### The data
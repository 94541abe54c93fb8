-- ===== src/Envelope/Interpret.antt =====
-- `interpretEnvelope` of packages/core/src/envelope.ts. `decode_utf8` is the platform's lossy
-- TextDecoder.
use ordspv.Common.{
  ℕ, ◌%◌, Bool, false, ◌||◌, List, [], ◌∷◌, ◌++◌, Option, none, some, ◌==◌, if◌then◌else◌,
}
use mathlib.Core.Option
use ordspv.Bytes.Hex.{bytes_equal, concat_bytes}
use ordspv.Envelope.Number.{RawEnvelope}
use ordspv.Envelope.Payload.{
  Field, split_payload, parse_inscription_id_value, decode_le_u64_trimmed,
}

-- An entry of the map `byKey`: a tag and its values, first to last.
abbrev pub Entry : Type 0
Entry = List ℕ × List (List ℕ)

-- `byKey`, in insertion order; the hex of a tag is equal exactly when the tag is.
abbrev pub TagMap : Type 0
TagMap = List Entry

unfoldable pub add_value : List ℕ → List ℕ → TagMap → TagMap
add_value tag value [] = (tag, value ∷ []) ∷ []
add_value tag value ((t, values) ∷ rest) =
    if bytes_equal t tag
    then (t, values ++ (value ∷ [])) ∷ rest
    else (t, values) ∷ add_value tag value rest

unfoldable pub group_fields : List Field → TagMap → TagMap
unfolding add_value
group_fields [] m = m
group_fields ((tag, value) ∷ rest) m = group_fields rest (add_value tag value m)

unfoldable pub values_of : List ℕ → TagMap → Option (List (List ℕ))
values_of tag [] = none
values_of tag ((t, values) ∷ rest) = if bytes_equal t tag then some values else values_of tag rest

unfoldable pub delete_tag : List ℕ → TagMap → TagMap
delete_tag tag [] = []
delete_tag tag ((t, values) ∷ rest) =
    if bytes_equal t tag then rest else (t, values) ∷ delete_tag tag rest

unfoldable pub set_values : List ℕ → List (List ℕ) → TagMap → TagMap
set_values tag values [] = []
set_values tag values ((t, old) ∷ rest) =
    if bytes_equal t tag then (t, values) ∷ rest else (t, old) ∷ set_values tag values rest

-- The first value; the rest of the values stay in the map.
unfoldable pub take_first : List ℕ → TagMap → Option (List ℕ) × TagMap
unfolding values_of delete_tag set_values
take_first tag m = elim (values_of tag m) [
  | none ↦ (none, m)
  | some [] ↦ (none, m)
  | some (first ∷ []) ↦ (some first, delete_tag tag m)
  | some (first ∷ next ∷ rest) ↦ (some first, set_values tag (next ∷ rest) m)
]

unfoldable pub take_array : List ℕ → TagMap → List (List ℕ) × TagMap
unfolding values_of delete_tag
take_array tag m = elim (values_of tag m) [
  | none ↦ ([], m)
  | some values ↦ (values, delete_tag tag m)
]

unfoldable pub take_chunked : List ℕ → TagMap → Option (List ℕ) × TagMap
unfolding values_of delete_tag
take_chunked tag m = elim (values_of tag m) [
  | none ↦ (none, m)
  | some values ↦ (some (concat_bytes values), delete_tag tag m)
]

-- A leftover tag whose first byte is even.
unfoldable pub even_tag : List ℕ → Bool
even_tag [] = false
even_tag (b ∷ bs) = b % 2 == 0

unfoldable pub some_even : TagMap → Bool
unfolding even_tag
some_even [] = false
some_even ((tag, values) ∷ rest) = even_tag tag || some_even rest

pub record Flags : Type 0 where
  pub incomplete_field : Bool
  pub duplicate_field : Bool
  pub unrecognized_even_field : Bool
  pub pushnum : Bool
  pub stutter : Bool

pub record Inscription : Type 0 where
  pub index : ℕ
  pub input : ℕ
  pub content_type : Option (List ℕ)
  pub content_type_bytes : Option (List ℕ)
  pub body : Option (List ℕ)
  pub content_encoding : Option (List ℕ)
  pub metaprotocol : Option (List ℕ)
  pub metadata : Option (List ℕ)
  pub properties : Option (List ℕ)
  pub property_encoding : Option (List ℕ)
  pub pointer : Option ℕ
  pub parents : List (List ℕ)
  pub delegate : Option (List ℕ)
  pub rune : Option (List ℕ)
  pub flags : Flags
  pub unbound_by_even_field : Bool

-- What the takes leave and yield, in the source's order.
pub record Taken : Type 0 where
  pub content_type : Option (List ℕ)
  pub pointer : Option (List ℕ)
  pub parents : List (List ℕ)
  pub metadata : Option (List ℕ)
  pub metaprotocol : Option (List ℕ)
  pub content_encoding : Option (List ℕ)
  pub delegate : Option (List ℕ)
  pub rune : Option (List ℕ)
  pub properties : Option (List ℕ)
  pub property_encoding : Option (List ℕ)
  pub left : TagMap

unfoldable pub take_fields : TagMap → Taken
unfolding take_first take_array take_chunked
take_fields m =
    let (content_type, m1) = take_first (1 ∷ []) m in
    let (pointer, m2) = take_first (2 ∷ []) m1 in
    let (parents, m3) = take_array (3 ∷ []) m2 in
    let (metadata, m4) = take_chunked (5 ∷ []) m3 in
    let (metaprotocol, m5) = take_first (7 ∷ []) m4 in
    let (content_encoding, m6) = take_first (9 ∷ []) m5 in
    let (delegate, m7) = take_first (11 ∷ []) m6 in
    let (rune, m8) = take_first (13 ∷ []) m7 in
    let (properties, m9) = take_chunked (17 ∷ []) m8 in
    let (property_encoding, m10) = take_first (19 ∷ []) m9 in
    record {
      content_type = content_type;
      pointer = pointer;
      parents = parents;
      metadata = metadata;
      metaprotocol = metaprotocol;
      content_encoding = content_encoding;
      delegate = delegate;
      rune = rune;
      properties = properties;
      property_encoding = property_encoding;
      left = m10;
    }

-- The parent values that decode, in their order.
unfoldable pub parent_ids : List (List ℕ) → List (List ℕ)
parent_ids [] = []
parent_ids (v ∷ vs) = elim (parse_inscription_id_value v) [
  | none ↦ parent_ids vs
  | some id ↦ id ∷ parent_ids vs
]

module _ (decode_utf8 : List ℕ → List ℕ) where
  unfoldable pub interpret_envelope : RawEnvelope → Inscription
  unfolding some_even parent_ids
  interpret_envelope env =
      let f = split_payload env.payload in
      let t = take_fields (group_fields f.fields []) in
      let unrecognized = some_even t.left in
      record {
        index = env.index;
        input = env.input;
        content_type = Option.map decode_utf8 t.content_type;
        content_type_bytes = t.content_type;
        body = Option.map concat_bytes f.body_chunks;
        content_encoding = Option.map decode_utf8 t.content_encoding;
        metaprotocol = Option.map decode_utf8 t.metaprotocol;
        metadata = t.metadata;
        properties = t.properties;
        property_encoding = Option.map decode_utf8 t.property_encoding;
        pointer = Option.bind t.pointer decode_le_u64_trimmed;
        parents = parent_ids t.parents;
        delegate = Option.bind t.delegate parse_inscription_id_value;
        rune = t.rune;
        flags = record {
          incomplete_field = f.incomplete_field;
          duplicate_field = f.duplicate_field;
          unrecognized_even_field = unrecognized;
          pushnum = env.pushnum;
          stutter = env.stutter;
        };
        unbound_by_even_field = unrecognized;
      }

### Task prompt
Give back exactly the lines of the listing above that run from the line with "(values, delete_tag tag m)" to the line with "pub record Inscription : Type 0 where", inclusive.

### Answer to the problem
  | some values ↦ (values, delete_tag tag m)
]

unfoldable pub take_chunked : List ℕ → TagMap → Option (List ℕ) × TagMap
unfolding values_of delete_tag
take_chunked tag m = elim (values_of tag m) [
  | none ↦ (none, m)
  | some values ↦ (some (concat_bytes values), delete_tag tag m)
]

-- A leftover tag whose first byte is even.
unfoldable pub even_tag : List ℕ → Bool
even_tag [] = false
even_tag (b ∷ bs) = b % 2 == 0

unfoldable pub some_even : TagMap → Bool
unfolding even_tag
some_even [] = false
some_even ((tag, values) ∷ rest) = even_tag tag || some_even rest

pub record Flags : Type 0 where
  pub incomplete_field : Bool
  pub duplicate_field : Bool
  pub unrecognized_even_field : Bool
  pub pushnum : Bool
  pub stutter : Bool

pub record Inscription : Type 0 where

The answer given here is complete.